__Dataset extract__
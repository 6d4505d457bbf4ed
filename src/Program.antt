-- ===== src/Program.antt =====
-- Handlers as functions of the repositories they share: what was written before an error is thrown
-- stays written, as with `createMemoryUnitOfWork` of
-- packages/application/src/documents/memory-adapters.ts, whose `run` only calls its work.
pub mod Keeps
pub mod Sound
pub mod Done
pub mod Untouched
use bug_free_fiesta.Domain.Errors.{Result, ok, err, ApplicationError}
use bug_free_fiesta.Domain.Entities.{
  Payload, Document, DocumentRevision, Signer, SignatureField, SigningSession, ConsentRecord,
  AuditEvent, OutboxEvent, BackgroundJob, IdempotencyRecord,
}
use bug_free_fiesta.Prelude.{refl, none, ◌+◌, some, Option, ℕ, String, ◌≡◌, List}
use bug_free_fiesta.Domain.Actor.{actor_id, actor_type, RequestActor}
use bug_free_fiesta.Domain.Json.{Json}
use bug_free_fiesta.Domain.Statuses.{AuditEventType}
use bug_free_fiesta.Store.Ledger.{append_audit}
use bug_free_fiesta.Store.Sessions.{SessionKey, update_session}
use bug_free_fiesta.Store.Sessions.Moves.{SessionUpdate, act}

-- The rows of every repository, and how many ids, times and tokens have been asked for.
pub record Repositories : Type 0 where
  pub documents : List Document
  pub revisions : List DocumentRevision
  pub signers : List Signer
  pub fields : List SignatureField
  pub sessions : List SigningSession
  pub consents : List ConsentRecord
  pub audit_events : List AuditEvent
  pub outbox_events : List OutboxEvent
  pub jobs : List BackgroundJob
  pub idempotency_records : List IdempotencyRecord
  pub ids_drawn : ℕ
  pub clock_reads : ℕ
  pub tokens_drawn : ℕ

-- What the handlers are given: the id and token generators and the clock, each by the number of the
-- call, the token hasher, and the digest of the canonical form.
pub record Runtime : Type 0 where
  pub id_at : ℕ → String
  pub clock_at : ℕ → ℕ
  pub token_at : ℕ → String
  pub hash_token : String → String
  pub iso : ℕ → String
  pub sha256_json : Json → String

pub data Outcome {ℓ} (A : Type ℓ) : Type ℓ where
  done : A → Repositories → Outcome A
  failed : ApplicationError → Repositories → Outcome A

abbrev pub Handler {ℓ} : Type ℓ → Type ℓ
Handler A = Repositories → Outcome A

-- The repositories that an outcome leaves.
abbrev pub left {ℓ} : {A : Type ℓ} → Outcome A → Repositories
left (done a s) = s
left (failed e s) = s

abbrev pub continue {ℓ κ} : {A : Type ℓ} {B : Type κ} → Outcome A → (A → Handler B) → Outcome B
continue (done a s) f = f a s
continue (failed e s) f = failed e s

infixl 5 ◌>>=◌ ◌>>◌
unfoldable pub ◌>>=◌ {ℓ κ} : {A : Type ℓ} {B : Type κ} → Handler A → (A → Handler B) → Handler B
◌>>=◌ m f s = continue (m s) f

abbrev pub ◌>>◌ {ℓ κ} : {A : Type ℓ} {B : Type κ} → Handler A → Handler B → Handler B
m >> k = m >>= λ _. k

unfoldable pub pure {ℓ} : {A : Type ℓ} → A → Handler A
pure a s = done a s

unfoldable pub throw {ℓ} : {A : Type ℓ} → ApplicationError → Handler A
throw e s = failed e s

abbrev pub outcome_of {ℓ} : {A : Type ℓ} → Result A → Repositories → Outcome A
outcome_of (ok a) s = done a s
outcome_of (err e) s = failed e s

unfoldable pub lift {ℓ} : {A : Type ℓ} → Result A → Handler A
lift r s = outcome_of r s

unfoldable pub gets {ℓ} : {A : Type ℓ} → (Repositories → A) → Handler A
gets f s = done (f s) s

-- `if (row === null) throw e`
unfoldable pub require {ℓ} : {A : Type ℓ} → Option A → ApplicationError → Handler A
require none e s = failed e s
require (some a) e s = done a s

-- `run` of `createMemoryUnitOfWork`
abbrev pub run {ℓ} : {A : Type ℓ} → Handler A → Handler A
run work = work

-- An operation of one repository, as a step of all of them.
module _ {ℓ κ} {A : Type ℓ} {Rows : Type κ} (put : Rows → Repositories → Repositories) where
  abbrev pub written : Result (A × Rows) → Repositories → Outcome A
  written (ok (a, rows)) s = done a (put rows s)
  written (err e) s = failed e s

module _ {ℓ} {A : Type ℓ} where
  unfoldable pub on_documents : (List Document → Result (A × List Document)) → Handler A
  on_documents f s = written (λ rows t. record t { documents = rows }) (f s.documents) s

  unfoldable pub on_signers : (List Signer → Result (A × List Signer)) → Handler A
  on_signers f s = written (λ rows t. record t { signers = rows }) (f s.signers) s

  unfoldable pub on_fields : (List SignatureField → Result (A × List SignatureField)) → Handler A
  on_fields f s = written (λ rows t. record t { fields = rows }) (f s.fields) s

  unfoldable pub on_sessions : (List SigningSession → Result (A × List SigningSession)) → Handler A
  on_sessions f s = written (λ rows t. record t { sessions = rows }) (f s.sessions) s

  unfoldable pub on_consents : (List ConsentRecord → Result (A × List ConsentRecord)) → Handler A
  on_consents f s = written (λ rows t. record t { consents = rows }) (f s.consents) s

  unfoldable pub on_audit_log : (List AuditEvent → Result (A × List AuditEvent)) → Handler A
  on_audit_log f s = written (λ rows t. record t { audit_events = rows }) (f s.audit_events) s

  unfoldable pub on_idempotency :
      (List IdempotencyRecord → Result (A × List IdempotencyRecord)) → Handler A
  on_idempotency f s =
      written (λ rows t. record t { idempotency_records = rows }) (f s.idempotency_records) s

  unfoldable pub on_outbox :
      (List OutboxEvent × List BackgroundJob → Result (A × (List OutboxEvent × List BackgroundJob)))
      → Handler A
  on_outbox f s =
      written (λ rows t. record t { outbox_events = rows.0; jobs = rows.1 })
        (f (s.outbox_events, s.jobs)) s

-- An update of one session, as `act` names them.
unfoldable pub write_session : SessionKey → SessionUpdate → Handler SigningSession
write_session key u = on_sessions (update_session key (act u))

module _ (rt : Runtime) where
  unfoldable pub next_id : Handler String
  next_id s = done (rt.id_at s.ids_drawn) (record s { ids_drawn = s.ids_drawn + 1 })

  unfoldable pub now_utc : Handler ℕ
  now_utc s = done (rt.clock_at s.clock_reads) (record s { clock_reads = s.clock_reads + 1 })

  unfoldable pub generate_raw_token : Handler String
  generate_raw_token s =
      done (rt.token_at s.tokens_drawn) (record s { tokens_drawn = s.tokens_drawn + 1 })

  -- `scope.audit.append({ id: deps.ids.next(), … })`
  unfoldable pub append_event :
      RequestActor → String → String → AuditEventType → ℕ → Payload → String → Handler AuditEvent
  append_event actor organization_id document_id type occurred_at payload request_id = do
    id ← next_id
    on_audit_log (
        append_audit rt.iso rt.sha256_json (record {
          id = id;
          organization_id = organization_id;
          document_id = document_id;
          type = type;
          actor_type = actor_type actor;
          actor_id = actor_id actor;
          occurred_at = occurred_at;
          payload = payload;
          request_id = some request_id;
        }))

pub >>=-eq-done {ℓ κ} :
    {A : Type ℓ} {B : Type κ} (m : Handler A) (f : A → Handler B) (s : Repositories) {b : B}
    {t : Repositories}
    → (m >>= f) s ≡ done b t
    → (a : A) × (u : Repositories) × (m s ≡ done a u) × (f a u ≡ done b t)
unfolding ◌>>=◌
>>=-eq-done {A} {B} m f s {b} {t} h = go (m s) refl h
  where
    go :
        (o : Outcome A)
        → m s ≡ o
        → continue o f ≡ done b t
        → (a : A) × (u : Repositories) × (m s ≡ done a u) × (f a u ≡ done b t)
    go (done a u) e k = (a, u, e, k)
    go (failed x u) e k = cc
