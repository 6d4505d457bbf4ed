-- ===== src/Envelope/Public.antt =====
-- packages/application/src/documents/public-document.ts: what a command answers of an envelope.
use mathlib.Core.Option
use bug_free_fiesta.Prelude.{map, Bool, List, Option, ℕ, String}
use bug_free_fiesta.Domain.Entities.{DocumentRevision, Payload, Document, Signer, SignatureField}
use bug_free_fiesta.Domain.Statuses.{
  DocumentInspectionStatus, SignerStatus, SigningMode, SignatureFieldType, DocumentState,
}
use bug_free_fiesta.Prelude.Int.{ℤ}
use bug_free_fiesta.Domain.Lifecycle.{is_available_for_signing}

pub record PublicDocumentRevision : Type 0 where
  pub revision_id : String
  pub content_type : String
  pub size_bytes : ℕ
  pub sha256_digest : String
  pub display_name : String
  pub page_count : ℕ

pub record PublicSigner : Type 0 where
  pub signer_id : String
  pub email : Option String
  pub display_name : String
  pub routing_order : ℕ
  pub status : SignerStatus

pub record PublicSignatureField : Type 0 where
  pub field_id : String
  pub signer_id : String
  pub type : SignatureFieldType
  pub page_number : ℕ
  pub x : ℤ
  pub y : ℤ
  pub width : ℤ
  pub height : ℤ
  pub required : Bool

pub record PublicDocument : Type 0 where
  pub document_id : String
  pub title : String
  pub state : DocumentState
  pub signing_mode : SigningMode
  pub inspection_status : DocumentInspectionStatus
  pub display_name : Option String
  pub available_for_signing : Bool
  pub current_revision : Option PublicDocumentRevision
  pub signers : List PublicSigner
  pub fields : List PublicSignatureField

abbrev pub to_public_signer : Signer → PublicSigner
to_public_signer signer = record {
  signer_id = signer.id;
  email = signer.email;
  display_name = signer.display_name;
  routing_order = signer.routing_order;
  status = signer.status;
}

abbrev pub to_public_signature_field : SignatureField → PublicSignatureField
to_public_signature_field field = record {
  field_id = field.id;
  signer_id = field.signer_id;
  type = field.type;
  page_number = field.page_number;
  x = field.x;
  y = field.y;
  width = field.width;
  height = field.height;
  required = field.required;
}

abbrev to_public_revision : DocumentRevision → PublicDocumentRevision
to_public_revision revision = record {
  revision_id = revision.id;
  content_type = revision.content_type;
  size_bytes = revision.size_bytes;
  sha256_digest = revision.sha256_digest;
  display_name = revision.display_name;
  page_count = revision.page_count;
}

unfoldable pub to_public_document :
    Document → Option DocumentRevision → List Signer → List SignatureField → PublicDocument
to_public_document document revision signers fields = record {
  document_id = document.id;
  title = document.title;
  state = document.state;
  signing_mode = document.signing_mode;
  inspection_status = document.inspection_status;
  display_name = document.source_display_name;
  available_for_signing = is_available_for_signing document;
  current_revision = Option.map to_public_revision revision;
  signers = map to_public_signer signers;
  fields = map to_public_signature_field fields;
}

-- How a body is stored and read again: the JSON column of the record, and `safeParse` of
-- `publicDocumentSchema`, which is `none` where it refuses.
pub record BodyFormat : Type 0 where
  pub stored_body : PublicDocument → Payload
  pub safe_parse : Payload → Option PublicDocument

__Description of the task__
Look above for the line with "(f (s.outbox_events, s.jobs)) s" and the line with "unfoldable pub now_utc : Handler ℕ". Write out those two lines and all the lines between them, exactly, and no others.

__Problem solution__
        (f (s.outbox_events, s.jobs)) s

-- An update of one session, as `act` names them.
unfoldable pub write_session : SessionKey → SessionUpdate → Handler SigningSession
write_session key u = on_sessions (update_session key (act u))

module _ (rt : Runtime) where
  unfoldable pub next_id : Handler String
  next_id s = done (rt.id_at s.ids_drawn) (record s { ids_drawn = s.ids_drawn + 1 })

  unfoldable pub now_utc : Handler ℕ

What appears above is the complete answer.